__What you have to do__
Only some lines are wanted. Transcribe, exactly, the lines below from the line with "let d3 : Duration" up to and including the line with "-- The text of a duration".

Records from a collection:
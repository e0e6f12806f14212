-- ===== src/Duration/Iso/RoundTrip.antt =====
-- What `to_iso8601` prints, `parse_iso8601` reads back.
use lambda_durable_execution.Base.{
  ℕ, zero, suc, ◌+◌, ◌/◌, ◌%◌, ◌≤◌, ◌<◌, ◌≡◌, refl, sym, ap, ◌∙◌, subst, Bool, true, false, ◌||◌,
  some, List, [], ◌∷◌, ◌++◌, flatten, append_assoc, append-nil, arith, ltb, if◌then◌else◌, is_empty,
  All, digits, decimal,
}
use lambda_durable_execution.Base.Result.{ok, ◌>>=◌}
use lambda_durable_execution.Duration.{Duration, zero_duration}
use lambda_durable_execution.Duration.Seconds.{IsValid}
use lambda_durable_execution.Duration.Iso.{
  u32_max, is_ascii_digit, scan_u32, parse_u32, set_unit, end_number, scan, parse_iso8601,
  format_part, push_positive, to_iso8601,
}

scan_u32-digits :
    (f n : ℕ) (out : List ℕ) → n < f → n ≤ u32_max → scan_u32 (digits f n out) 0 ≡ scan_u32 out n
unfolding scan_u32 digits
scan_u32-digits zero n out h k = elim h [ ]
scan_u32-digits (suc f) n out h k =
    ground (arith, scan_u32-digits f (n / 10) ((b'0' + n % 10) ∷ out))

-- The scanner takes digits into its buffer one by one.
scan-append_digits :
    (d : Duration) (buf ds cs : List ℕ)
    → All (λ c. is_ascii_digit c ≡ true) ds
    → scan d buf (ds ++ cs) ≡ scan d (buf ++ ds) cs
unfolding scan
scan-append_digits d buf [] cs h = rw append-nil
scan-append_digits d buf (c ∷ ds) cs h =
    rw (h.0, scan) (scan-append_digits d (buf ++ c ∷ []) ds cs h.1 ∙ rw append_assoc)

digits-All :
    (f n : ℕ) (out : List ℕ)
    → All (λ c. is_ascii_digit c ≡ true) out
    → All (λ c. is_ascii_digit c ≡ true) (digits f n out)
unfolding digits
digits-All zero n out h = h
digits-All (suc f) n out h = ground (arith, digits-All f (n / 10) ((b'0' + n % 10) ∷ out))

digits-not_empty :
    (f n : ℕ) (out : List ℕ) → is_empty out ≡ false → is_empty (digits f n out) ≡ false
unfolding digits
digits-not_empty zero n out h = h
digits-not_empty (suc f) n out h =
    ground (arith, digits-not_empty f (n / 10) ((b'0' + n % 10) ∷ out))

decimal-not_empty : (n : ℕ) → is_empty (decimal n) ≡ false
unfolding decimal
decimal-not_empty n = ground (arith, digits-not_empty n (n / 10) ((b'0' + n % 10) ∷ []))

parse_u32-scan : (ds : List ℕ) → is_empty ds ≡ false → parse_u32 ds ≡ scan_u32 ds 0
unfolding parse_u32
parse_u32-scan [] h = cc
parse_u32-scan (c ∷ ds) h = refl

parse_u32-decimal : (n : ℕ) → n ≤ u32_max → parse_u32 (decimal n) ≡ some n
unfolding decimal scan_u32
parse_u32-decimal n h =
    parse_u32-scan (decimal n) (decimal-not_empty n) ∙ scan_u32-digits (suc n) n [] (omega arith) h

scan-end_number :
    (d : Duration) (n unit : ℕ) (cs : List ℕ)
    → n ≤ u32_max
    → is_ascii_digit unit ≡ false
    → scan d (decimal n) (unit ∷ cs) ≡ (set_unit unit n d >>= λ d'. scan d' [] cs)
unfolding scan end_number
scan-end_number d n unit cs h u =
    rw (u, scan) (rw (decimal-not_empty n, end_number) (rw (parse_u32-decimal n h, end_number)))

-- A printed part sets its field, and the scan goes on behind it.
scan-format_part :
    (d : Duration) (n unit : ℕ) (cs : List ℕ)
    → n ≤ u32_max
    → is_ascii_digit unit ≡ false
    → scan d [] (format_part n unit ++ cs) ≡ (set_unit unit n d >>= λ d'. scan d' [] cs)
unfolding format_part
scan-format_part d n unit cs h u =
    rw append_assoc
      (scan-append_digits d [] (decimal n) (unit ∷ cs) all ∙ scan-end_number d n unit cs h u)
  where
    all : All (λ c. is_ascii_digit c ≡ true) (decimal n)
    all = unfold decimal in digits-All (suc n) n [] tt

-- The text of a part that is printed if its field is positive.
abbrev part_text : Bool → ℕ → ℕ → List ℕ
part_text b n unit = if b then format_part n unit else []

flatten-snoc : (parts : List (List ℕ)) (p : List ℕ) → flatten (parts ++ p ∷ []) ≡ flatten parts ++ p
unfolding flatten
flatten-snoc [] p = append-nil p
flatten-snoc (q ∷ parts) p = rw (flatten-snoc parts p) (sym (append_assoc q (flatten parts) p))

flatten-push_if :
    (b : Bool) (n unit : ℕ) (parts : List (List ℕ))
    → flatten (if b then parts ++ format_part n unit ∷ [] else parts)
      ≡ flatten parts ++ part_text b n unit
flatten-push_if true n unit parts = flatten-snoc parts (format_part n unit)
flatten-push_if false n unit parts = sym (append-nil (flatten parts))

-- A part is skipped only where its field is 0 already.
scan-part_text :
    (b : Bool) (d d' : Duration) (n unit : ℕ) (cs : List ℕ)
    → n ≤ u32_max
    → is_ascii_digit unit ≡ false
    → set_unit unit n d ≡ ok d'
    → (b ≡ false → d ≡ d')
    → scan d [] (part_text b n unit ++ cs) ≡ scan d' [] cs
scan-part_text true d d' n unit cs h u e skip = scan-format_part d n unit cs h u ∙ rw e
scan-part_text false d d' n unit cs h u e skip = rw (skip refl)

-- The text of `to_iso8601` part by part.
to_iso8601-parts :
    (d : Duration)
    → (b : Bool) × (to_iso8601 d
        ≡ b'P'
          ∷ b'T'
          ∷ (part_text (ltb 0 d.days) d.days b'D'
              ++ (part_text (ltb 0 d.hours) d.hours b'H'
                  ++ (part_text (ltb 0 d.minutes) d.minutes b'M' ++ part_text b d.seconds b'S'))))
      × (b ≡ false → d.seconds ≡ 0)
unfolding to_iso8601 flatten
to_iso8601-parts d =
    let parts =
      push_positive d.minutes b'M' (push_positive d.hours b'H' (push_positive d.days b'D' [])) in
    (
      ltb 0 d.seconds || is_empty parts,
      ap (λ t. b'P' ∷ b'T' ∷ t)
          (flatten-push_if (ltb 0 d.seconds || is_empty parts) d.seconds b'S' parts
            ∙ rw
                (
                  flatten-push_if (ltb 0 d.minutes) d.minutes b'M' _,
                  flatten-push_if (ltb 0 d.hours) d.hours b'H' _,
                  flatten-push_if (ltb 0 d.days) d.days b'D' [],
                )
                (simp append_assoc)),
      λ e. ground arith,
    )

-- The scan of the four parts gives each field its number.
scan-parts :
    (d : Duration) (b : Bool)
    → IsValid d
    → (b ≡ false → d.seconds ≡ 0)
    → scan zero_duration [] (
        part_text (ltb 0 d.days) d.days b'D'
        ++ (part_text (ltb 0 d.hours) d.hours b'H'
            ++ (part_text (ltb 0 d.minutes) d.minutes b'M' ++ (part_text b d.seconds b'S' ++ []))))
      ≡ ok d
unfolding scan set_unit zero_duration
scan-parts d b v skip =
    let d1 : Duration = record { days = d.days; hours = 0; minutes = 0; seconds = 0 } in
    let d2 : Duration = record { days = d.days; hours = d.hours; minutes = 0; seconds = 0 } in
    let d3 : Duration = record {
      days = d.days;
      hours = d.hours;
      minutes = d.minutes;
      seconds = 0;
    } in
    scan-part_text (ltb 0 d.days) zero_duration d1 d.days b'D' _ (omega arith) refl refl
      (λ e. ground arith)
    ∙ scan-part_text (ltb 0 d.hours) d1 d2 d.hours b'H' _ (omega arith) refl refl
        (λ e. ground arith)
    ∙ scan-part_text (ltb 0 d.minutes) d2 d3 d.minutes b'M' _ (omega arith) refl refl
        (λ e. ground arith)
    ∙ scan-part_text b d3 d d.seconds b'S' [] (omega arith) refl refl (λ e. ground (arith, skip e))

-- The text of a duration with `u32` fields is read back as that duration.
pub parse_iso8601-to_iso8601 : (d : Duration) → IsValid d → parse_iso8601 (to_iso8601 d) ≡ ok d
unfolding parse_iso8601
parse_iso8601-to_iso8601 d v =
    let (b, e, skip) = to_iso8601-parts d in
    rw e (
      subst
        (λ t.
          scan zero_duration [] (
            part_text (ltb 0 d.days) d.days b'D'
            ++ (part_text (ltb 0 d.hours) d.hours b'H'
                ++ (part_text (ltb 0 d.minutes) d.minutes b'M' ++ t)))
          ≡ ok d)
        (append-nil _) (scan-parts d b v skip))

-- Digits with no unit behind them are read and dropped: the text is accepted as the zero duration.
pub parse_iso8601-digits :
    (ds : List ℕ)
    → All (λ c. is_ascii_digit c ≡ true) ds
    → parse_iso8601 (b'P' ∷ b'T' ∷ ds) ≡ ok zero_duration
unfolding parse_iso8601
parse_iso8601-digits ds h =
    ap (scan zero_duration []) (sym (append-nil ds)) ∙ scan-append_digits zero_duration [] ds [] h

__Output for this exercise__
    let d3 : Duration = record {
      days = d.days;
      hours = d.hours;
      minutes = d.minutes;
      seconds = 0;
    } in
    scan-part_text (ltb 0 d.days) zero_duration d1 d.days b'D' _ (omega arith) refl refl
      (λ e. ground arith)
    ∙ scan-part_text (ltb 0 d.hours) d1 d2 d.hours b'H' _ (omega arith) refl refl
        (λ e. ground arith)
    ∙ scan-part_text (ltb 0 d.minutes) d2 d3 d.minutes b'M' _ (omega arith) refl refl
        (λ e. ground arith)
    ∙ scan-part_text b d3 d d.seconds b'S' [] (omega arith) refl refl (λ e. ground (arith, skip e))

-- The text of a duration with `u32` fields is read back as that duration.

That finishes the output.